My Lady signifies, without profuse expenditure of words, that she is as wearily well as she can hope to be.
But Rosa is in the distance, behind the housekeeper; and my Lady, who has not subdued the quickness of her observation, whatever else she may have conquered, asks, "Who is that girl?"
"A young scholar of mine, my Lady. Rosa."
"Come here, Rosa!" Lady Dedlock beckons her, with even an appearance of interest. "Why, do you know how pretty you are, child?" she says, touching her shoulder with her two forefingers.
Rosa, very much abashed, says, "No, if you please, my Lady!" and glances up, and glances down, and don't know where to look, but looks all the prettier.
"How old are you?"
"Nineteen, my Lady."
"Nineteen," repeats my Lady thoughtfully. "Take care they don't spoil you by flattery."
"Yes, my Lady."
My Lady taps her dimpled cheek with the same delicate gloved fingers and goes on to the foot of the oak staircase, where Sir Leicester pauses for her as her knightly escort. A staring old Dedlock in a panel, as large as life and as dull, looks as if he didn't know what to make of it, which was probably his general state of mind in the days of Queen Elizabeth.
That evening, in the housekeeper's room, Rosa can do nothing but murmur Lady Dedlock's praises. She is so affable, so graceful, so beautiful, so elegant; has such a sweet voice and such a thrilling touch that Rosa can feel it yet! Mrs. Rouncewell confirms all this, not without personal pride, reserving only the one point of affability. Mrs. Rouncewell is not quite sure as to that. Heaven forbid that she should say a syllable in dispraise of any member of that excellent family, above all, of my Lady, whom the whole world admires; but if my Lady would only be "a little more free," not quite so cold and distant, Mrs. Rouncewell thinks she would be more affable.

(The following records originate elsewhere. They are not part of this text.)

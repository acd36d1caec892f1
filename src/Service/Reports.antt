-- ===== src/Service/Reports.antt =====
-- internal/service/service.go: the batches of traffic, from the tracker to the panel. A batch id is
-- a number that `newReportBatchID` has not given before. The load of the machine and the metrics
-- that a report carries along are left out.
pub mod Exact
use cpanelde.Prelude.{
  ℕ, zero, suc, ◌+◌, ◌<◌, ◌≡◌, refl, ap, sym, ◌∙◌, Bool, true, false, not, List, [], ◌∷◌, arith,
  any, All, if◌then◌else◌, Text, Option, none, some, ◌==◌, nat_eq, Map, lookup, Bool-cases,
  Option-cases, inl, inr, UniqueKeys,
}
use cpanelde.Tracker.{
  Bytes, zero_bytes, ◌+B◌, get, Tracker, new_tracker, process, flush_traffic, flush_alive_ips,
  current_online, delta,
}
use cpanelde.Tracker.Ledger.{Grows, process-get}

pub record ReportPayload : Type 0 where
  pub applied_revision : ℕ
  pub batch_id : ℕ
  pub occurred_at : ℕ
  pub traffic : Map ℕ Bytes
  pub alive : Option (Map ℕ (List Text))
  pub online : Map ℕ ℕ

pub record Reporter : Type 0 where
  pub tracker : Tracker
  pub pending_report : Option ReportPayload
  pub next_batch : ℕ

-- `digest` is the hash of the tracker, `revision` the revision that is applied.
unfoldable pub begin_report : (Text → Text) → Reporter → ℕ → ℕ → Reporter × ReportPayload
begin_report digest r revision now = elim r.pending_report [
  | some payload ↦ (r, payload)
  | none ↦
      let (t, traffic) = flush_traffic r.tracker in
      let (t', alive) = flush_alive_ips digest t in
      let payload : ReportPayload = record {
        applied_revision = revision;
        batch_id = r.next_batch;
        occurred_at = now;
        traffic = traffic;
        alive = alive;
        online = current_online t';
      } in
      (
        record { tracker = t'; pending_report = some payload; next_batch = suc r.next_batch },
        payload,
      )
]

abbrev pub is_batch : Option ReportPayload → ℕ → Bool
is_batch none id = false
is_batch (some payload) id = payload.batch_id == id

unfoldable pub complete_report : Reporter → ℕ → Reporter
complete_report r id =
    if is_batch r.pending_report id then record r { pending_report = none } else r

-- A report, sent in the background or at the end: `confirmed` is whether the panel's answer comes
-- back.
unfoldable pub push_report : (Text → Text) → Reporter → ℕ → ℕ → Bool → Reporter × ReportPayload
push_report digest r revision now confirmed =
    let (r', payload) = begin_report digest r revision now in
    (if confirmed then complete_report r' payload.batch_id else r', payload)

-- A panel that counts the traffic of one user, each batch once.
pub record Ledger : Type 0 where
  pub seen : List ℕ
  pub counted : Bytes

abbrev pub has_seen : ℕ → List ℕ → Bool
has_seen id = any (λ k. id == k)

abbrev pub count : ℕ → ReportPayload → Ledger → Ledger
count j payload l =
    if has_seen payload.batch_id l.seen
    then l
    else record { seen = payload.batch_id ∷ l.seen; counted = l.counted +B get j payload.traffic }

abbrev pub receive : ℕ → Bool → ReportPayload → Ledger → Ledger
receive j arrived payload l = if arrived then count j payload l else l

abbrev pub new_reporter : Reporter
new_reporter = record { tracker = new_tracker; pending_report = none; next_batch = 0 }

-- A history of the service's reports, with what the panel has counted for user `j`: cycles of the
-- tracker in which no counter of the user falls, and reports that arrive or not and, if they
-- arrive, whose confirmation comes back or not.
pub data Life (digest : Text → Text) (j : ℕ) : Reporter → Ledger → Type 0 where
  begun : Life digest j new_reporter (record { seen = []; counted = zero_bytes })
  tracked :
      {r : Reporter} {l : Ledger} (traffic : Map ℕ Bytes) (alive : Map ℕ (List Text)) (n : ℕ)
      → UniqueKeys traffic
      → Grows (get j r.tracker.last_seen) (lookup j traffic)
      → Life digest j r l
      → Life digest j (record r { tracker = process r.tracker traffic alive n }) l
  lost :
      {r : Reporter} {l : Ledger} (revision now : ℕ)
      → Life digest j r l
      → Life digest j (push_report digest r revision now false).0 l
  arrived :
      {r : Reporter} {l : Ledger} (revision now : ℕ) (confirmed : Bool)
      → Life digest j r l
      → Life digest j
          (push_report digest r revision now confirmed).0
          (count j (push_report digest r revision now confirmed).1 l)
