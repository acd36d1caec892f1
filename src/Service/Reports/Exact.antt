-- ===== src/Service/Reports/Exact.antt =====
-- The traffic between the tracker and a panel that knows the batch ids of its reports.
use cpanelde.Prelude.{
  ℕ, suc, ◌<◌, ◌≡◌, refl, Bool, true, false, List, [], ◌∷◌, arith, All, if◌then◌else◌, Text, Option,
  none, some, nat_eq, Map, lookup, Bool-cases, Option-cases, inl, inr,
}
use cpanelde.Tracker.{
  Bytes, zero_bytes, ◌+B◌, get, Tracker, new_tracker, process, flush_traffic, flush_alive_ips,
  delta,
}
use cpanelde.Tracker.Ledger.{process-get}
use cpanelde.Service.Reports.{
  ReportPayload, Reporter, begin_report, is_batch, complete_report, push_report, Ledger, has_seen,
  count, Life, begun, tracked, lost, arrived,
}

-- The traffic of a batch that the panel has not counted.
abbrev pub outstanding : ℕ → Option ReportPayload → List ℕ → Bytes
outstanding j none seen = zero_bytes
outstanding j (some p) seen = if has_seen p.batch_id seen then zero_bytes else get j p.traffic

abbrev Young : ℕ → Option ReportPayload → Type 0
Young next none = Unit
Young next (some p) = p.batch_id < next

record Balance (j : ℕ) (r : Reporter) (l : Ledger) : Type 0 where
  exact :
      (l.counted +B outstanding j r.pending_report l.seen) +B get j r.tracker.pending_traffic
      ≡ get j r.tracker.last_seen
  young : Young r.next_batch r.pending_report
  seen_young : All (λ k. k < r.next_batch) l.seen

unseen : (id : ℕ) (seen : List ℕ) → All (λ k. k < id) seen → has_seen id seen ≡ false
unseen id [] a = refl
unseen id (k ∷ seen) a = ground (arith, a.0, unseen id seen a.1)

older : (id : ℕ) (seen : List ℕ) → All (λ k. k < id) seen → All (λ k. k < suc id) seen
older id [] a = tt
older id (k ∷ seen) a = (omega (arith, a.0), older id seen a.1)

flush_alive_ips_keeps :
    (digest : Text → Text) (t : Tracker)
    → ((flush_alive_ips digest t).0.pending_traffic ≡ t.pending_traffic)
      × ((flush_alive_ips digest t).0.last_seen ≡ t.last_seen)
unfolding flush_alive_ips
flush_alive_ips_keeps digest t = ground arith

module _ (digest : Text → Text) (j revision now : ℕ) where
  -- The batch that a report sends is the one that is pending after it began.
  begin-pending :
      (r : Reporter)
      → (begin_report digest r revision now).0.pending_report
        ≡ some (begin_report digest r revision now).1
  unfolding begin_report
  begin-pending r = elim (Option-cases r.pending_report) [
    | inl idle ↦ rw (idle, begin_report) refl
    | inr (p, waiting) ↦ rw (waiting, begin_report) waiting
  ]

  begin-Balance :
      (r : Reporter) (l : Ledger)
      → Balance j r l
      → Balance j (begin_report digest r revision now).0 l
  unfolding begin_report flush_traffic ◌+B◌ lookup
  begin-Balance r l b = elim (Option-cases r.pending_report) [
    | inr (p, waiting) ↦ rw (waiting, begin_report) b
    | inl idle ↦
        rw (idle, begin_report)
          (record {
            exact = ground (
              arith,
              b.exact,
              idle,
              unseen r.next_batch l.seen b.seen_young,
              flush_alive_ips_keeps digest (flush_traffic r.tracker).0,
            );
            young = omega arith;
            seen_young = older r.next_batch l.seen b.seen_young;
          })
  ]

  count-Balance :
      (r : Reporter) (l : Ledger) (p : ReportPayload)
      → r.pending_report ≡ some p
      → Balance j r l
      → Balance j r (count j p l) × (has_seen p.batch_id (count j p l).seen ≡ true)
  unfolding ◌+B◌
  count-Balance r l p waiting b = elim (Bool-cases (has_seen p.batch_id l.seen)) [
    | inl again ↦ rw again (b, again)
    | inr first ↦
        let young : p.batch_id < r.next_batch = rw waiting at b.young in
        rw first (
          record {
            exact = ground (arith, b.exact, waiting, first);
            young = b.young;
            seen_young = (young, b.seen_young);
          },
          ground arith,
        )
  ]

  complete-Balance :
      (r : Reporter) (l : Ledger) (p : ReportPayload)
      → r.pending_report ≡ some p
      → has_seen p.batch_id l.seen ≡ true
      → Balance j r l
      → Balance j (complete_report r p.batch_id) l
  unfolding complete_report ◌+B◌
  complete-Balance r l p waiting counted b =
      elim (Bool-cases (is_batch r.pending_report p.batch_id)) [
        | inr other ↦ rw (other, complete_report) b
        | inl same ↦
            rw (same, complete_report)
              (record {
                exact = ground (arith, b.exact, waiting, counted);
                young = tt;
                seen_young = b.seen_young;
              })
      ]

  push-Balance :
      (r : Reporter) (l : Ledger) (confirmed : Bool)
      → Balance j r l
      → Balance j
          (push_report digest r revision now confirmed).0
          (count j (push_report digest r revision now confirmed).1 l)
  unfolding push_report
  push-Balance r l true b =
      let begun = begin-Balance r l b in
      let sent = count-Balance _ l _ (begin-pending r) begun in
      complete-Balance _ _ _ (begin-pending r) sent.1 sent.0
  push-Balance r l false b = (count-Balance _ l _ (begin-pending r) (begin-Balance r l b)).0

Life-Balance :
    {digest : Text → Text} {j : ℕ} {r : Reporter} {l : Ledger} → Life digest j r l → Balance j r l
unfolding new_tracker push_report ◌+B◌ delta lookup
Life-Balance begun = record { exact = refl; young = tt; seen_young = tt }
Life-Balance {digest} {j} (tracked {r} {l} traffic alive n k g h) =
    let b = Life-Balance h in
    record {
      exact = ground (arith, b.exact, process-get j r.tracker traffic alive n k);
      young = b.young;
      seen_young = b.seen_young;
    }
Life-Balance {digest} {j} (lost {r} {l} revision now h) =
    begin-Balance digest j revision now r l (Life-Balance h)
Life-Balance {digest} {j} (arrived {r} {l} revision now confirmed h) =
    push-Balance digest j revision now r l confirmed (Life-Balance h)

-- Whichever reports are lost, and whichever arrive without their confirmation and are sent again,
-- a panel that counts each batch id once has counted, with the batch that waits and what the
-- tracker has not reported, exactly the last cumulative counters of the user, as long as these
-- never fall.
pub Life-exact :
    {digest : Text → Text} {j : ℕ} {r : Reporter} {l : Ledger}
    → Life digest j r l
    → (l.counted +B outstanding j r.pending_report l.seen) +B get j r.tracker.pending_traffic
      ≡ get j r.tracker.last_seen
Life-exact h = (Life-Balance h).exact

-- A report that the panel does not confirm is sent again as it was, whatever traffic, revision and
-- time have come since.
pub push_report_again :
    (digest : Text → Text) (r : Reporter) (revision now : ℕ) (later_revision later : ℕ)
    (traffic : Map ℕ Bytes) (alive : Map ℕ (List Text)) (n : ℕ) (confirmed : Bool)
    → let (r', payload) = push_report digest r revision now false in
      (push_report digest
        (record r' { tracker = process r'.tracker traffic alive n })
        later_revision
        later
        confirmed).1
      ≡ payload
unfolding push_report begin_report
push_report_again digest r revision now later_revision later traffic alive n confirmed =
    elim (Option-cases r.pending_report) [
      | inl idle ↦ rw (idle, begin_report) refl
      | inr (p, waiting) ↦ rw (waiting, begin_report) (rw (waiting, begin_report) refl)
    ]
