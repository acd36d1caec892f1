-- ===== src/Service/Runtime.antt =====
-- internal/service/service.go: the checks of a configuration before it is applied. The providers of
-- DNS challenges are those of a library, given by a test; `has_cert` is whether a certificate and a
-- key are loaded already.
pub mod Needs
pub mod Runnable
use cpanelde.Prelude.{
  ◌≡◌, ◌↔◌, refl, Bool, true, false, not, ◌||◌, ◌&&◌, List, [], ◌∷◌, arith, map, if◌then◌else◌,
  Text, Option, none, some, ◌==◌, nat_eq, text_eq, codes, trim_space, is_empty, Map, lookup,
}
use cpanelde.Model.Types.{Value, int, int32, int64, float, text, bool, other, CertConfig, NodeSpec}
use cpanelde.Model.Support.{normal, mem_text}

pub data RuntimeError : Type 0 where
  unsupported_protocol : RuntimeError
  needs_certificate : RuntimeError
  no_tls_settings : RuntimeError
  no_private_key : RuntimeError
  no_server_name : RuntimeError
  no_dns_provider : RuntimeError
  unknown_dns_provider : RuntimeError

abbrev pub is_blank : Text → Bool
is_blank t = is_empty (trim_space t)

abbrev pub string_value : Option Value → Text
string_value none = []
string_value (some (int z)) = []
string_value (some (int32 z)) = []
string_value (some (int64 z)) = []
string_value (some (float z whole shown)) = []
string_value (some (text t)) = t
string_value (some (bool b)) = []
string_value (some (other shown)) = []

-- The certificate that the configuration brings, by its mode.
unfoldable pub brings_certificate : CertConfig → Bool
brings_certificate c =
    let mode = normal c.cert_mode in
    if mode == codes "self"
    then true
    else if mode == codes "content"
    then not (is_blank c.cert_content) && not (is_blank c.key_content)
    else if mode == codes "file"
    then not (is_blank c.cert_file) && not (is_blank c.key_file)
    else if mode == codes "http"
    then not (is_blank c.domain)
    else (mode == codes "dns") && (not (is_blank c.domain) && not (is_blank c.dns_provider))

abbrev pub brings : Option CertConfig → Bool
brings none = false
brings (some c) = brings_certificate c

unfoldable pub has_usable_tls_config : NodeSpec → Bool → Bool
unfolding brings_certificate
has_usable_tls_config spec has_cert = has_cert || brings spec.cert_config

abbrev pub always_tls : List Text
always_tls = map codes ("hysteria" ∷ "hysteria2" ∷ "tuic" ∷ "anytls" ∷ [])

unfoldable pub needs_cert : NodeSpec → Bool
needs_cert spec =
    mem_text spec.protocol always_tls || ((spec.protocol == codes "trojan") && not (spec.tls == 2))

abbrev pub check_reality : Option (Map Text Value) → Option RuntimeError
check_reality none = some no_tls_settings
check_reality (some settings) =
    if is_blank (string_value (lookup (codes "private_key") settings))
    then some no_private_key
    else if is_blank (string_value (lookup (codes "server_name") settings))
        && is_blank (string_value (lookup (codes "dest") settings))
    then some no_server_name
    else none

unfoldable pub validate_reality_requirements : NodeSpec → Option RuntimeError
validate_reality_requirements spec = check_reality spec.tls_settings

unfoldable pub validate_tls_requirements : NodeSpec → Bool → Option RuntimeError
unfolding has_usable_tls_config needs_cert validate_reality_requirements
validate_tls_requirements spec has_cert =
    if needs_cert spec && not (has_usable_tls_config spec has_cert)
    then some needs_certificate
    else if spec.tls == 2
    then validate_reality_requirements spec
    else none

abbrev pub check_dns : (Text → Bool) → Option CertConfig → Option RuntimeError
check_dns is_provider none = none
check_dns is_provider (some c) =
    if not (normal c.cert_mode == codes "dns")
    then none
    else if is_blank c.dns_provider
    then some no_dns_provider
    else if is_provider (trim_space c.dns_provider)
    then none
    else some unknown_dns_provider

unfoldable pub validate_runtime_cert_config : (Text → Bool) → NodeSpec → Option RuntimeError
validate_runtime_cert_config is_provider spec = check_dns is_provider spec.cert_config

abbrev pub first_error : Option RuntimeError → Option RuntimeError → Option RuntimeError
first_error none e = e
first_error (some a) e = some a

unfoldable pub validate_node_runtime :
    (Text → Bool) → List Text → Bool → NodeSpec → Option RuntimeError
unfolding validate_tls_requirements validate_runtime_cert_config
validate_node_runtime is_provider supported has_cert spec =
    if not (mem_text spec.protocol supported)
    then some unsupported_protocol
    else first_error (validate_tls_requirements spec has_cert)
        (validate_runtime_cert_config is_provider spec)

-- Whether the settings of REALITY have its key and a name.
abbrev pub has_reality : Option (Map Text Value) → Bool
has_reality none = false
has_reality (some settings) =
    not (is_blank (string_value (lookup (codes "private_key") settings)))
    && (not (is_blank (string_value (lookup (codes "server_name") settings)))
        || not (is_blank (string_value (lookup (codes "dest") settings))))

abbrev pub asks_challenge : Option CertConfig → Bool
asks_challenge none = false
asks_challenge (some c) = normal c.cert_mode == codes "dns"

abbrev pub knows_provider : (Text → Bool) → Option CertConfig → Bool
knows_provider is_provider none = false
knows_provider is_provider (some c) =
    not (is_blank c.dns_provider) && is_provider (trim_space c.dns_provider)

-- The tests that a configuration passes.
pub record Passes (is_provider : Text → Bool) (supported : List Text) (has_cert : Bool)
    (spec : NodeSpec) : Type 0 where
  pub protocol : mem_text spec.protocol supported ≡ true
  pub certificate : needs_cert spec ≡ true → (has_cert || brings spec.cert_config) ≡ true
  pub reality : (spec.tls == 2) ≡ true → has_reality spec.tls_settings ≡ true
  pub challenge :
      asks_challenge spec.cert_config ≡ true → knows_provider is_provider spec.cert_config ≡ true

reality_lem : (o : Option (Map Text Value)) → (check_reality o ≡ none) ↔ (has_reality o ≡ true)
reality_lem none = (λ h. cc, λ h. cc)
reality_lem (some settings) = ground arith

challenge_lem :
    (is_provider : Text → Bool) (o : Option CertConfig)
    → (check_dns is_provider o ≡ none)
      ↔ ((not (asks_challenge o) || knows_provider is_provider o) ≡ true)
challenge_lem is_provider none = (λ h. refl, λ h. refl)
challenge_lem is_provider (some c) = ground arith

first_error_lem : (a b : Option RuntimeError) → (first_error a b ≡ none) ↔ ((a ≡ none) × (b ≡ none))
first_error_lem none b = (λ h. (refl, h), λ h. h.1)
first_error_lem (some e) b = (λ h. cc, λ h. cc h.0)

tls_lem :
    (spec : NodeSpec) (has_cert : Bool)
    → (validate_tls_requirements spec has_cert ≡ none) ↔ (
        (needs_cert spec ≡ true → (has_cert || brings spec.cert_config) ≡ true)
        × ((spec.tls == 2) ≡ true → has_reality spec.tls_settings ≡ true))
unfolding validate_tls_requirements has_usable_tls_config validate_reality_requirements
tls_lem spec has_cert = ground (arith, reality_lem spec.tls_settings)

guard_lem :
    (b : Bool) (e : Option RuntimeError)
    → ((if not b then some unsupported_protocol else e) ≡ none) ↔ ((b ≡ true) × (e ≡ none))
guard_lem true e = (λ h. (refl, h), λ h. h.1)
guard_lem false e = (λ h. cc, λ h. cc h.0)

pub validate_node_runtime-Passes :
    (is_provider : Text → Bool) (supported : List Text) (has_cert : Bool) (spec : NodeSpec)
    → (validate_node_runtime is_provider supported has_cert spec ≡ none)
      ↔ Passes is_provider supported has_cert spec
unfolding validate_node_runtime validate_runtime_cert_config
validate_node_runtime-Passes is_provider supported has_cert spec =
    let guard =
      guard_lem (mem_text spec.protocol supported)
        (first_error tls (check_dns is_provider spec.cert_config)) in
    let both = first_error_lem tls (check_dns is_provider spec.cert_config) in
    let secure = tls_lem spec has_cert in
    let known = challenge_lem is_provider spec.cert_config in
    (
      λ h.
          let (t, d) = both.0 (guard.0 h).1 in
          record {
            protocol = (guard.0 h).0;
            certificate = (secure.0 t).0;
            reality = (secure.0 t).1;
            challenge = λ asks. ground (arith, known.0 d, asks);
          },
      λ r.
          let d : check_dns is_provider spec.cert_config ≡ none =
            known.1 (ground (arith, r.challenge)) in
          guard.1 (r.protocol, both.1 (secure.1 (r.certificate, r.reality), d)),
    )
  where
    tls : Option RuntimeError
    tls = validate_tls_requirements spec has_cert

"'Tis almost a pity," Mrs. Rouncewell adds-only "almost" because it borders on impiety to suppose that anything could be better than it is, in such an express dispensation as the Dedlock affairs-"that my Lady has no family. If she had had a daughter now, a grown young lady, to interest her, I think she would have had the only kind of excellence she wants."
"Might not that have made her still more proud, grandmother?" says Watt, who has been home and come back again, he is such a good grandson.
"More and most, my dear," returns the housekeeper with dignity, "are words it's not my place to use-nor so much as to hear-applied to any drawback on my Lady."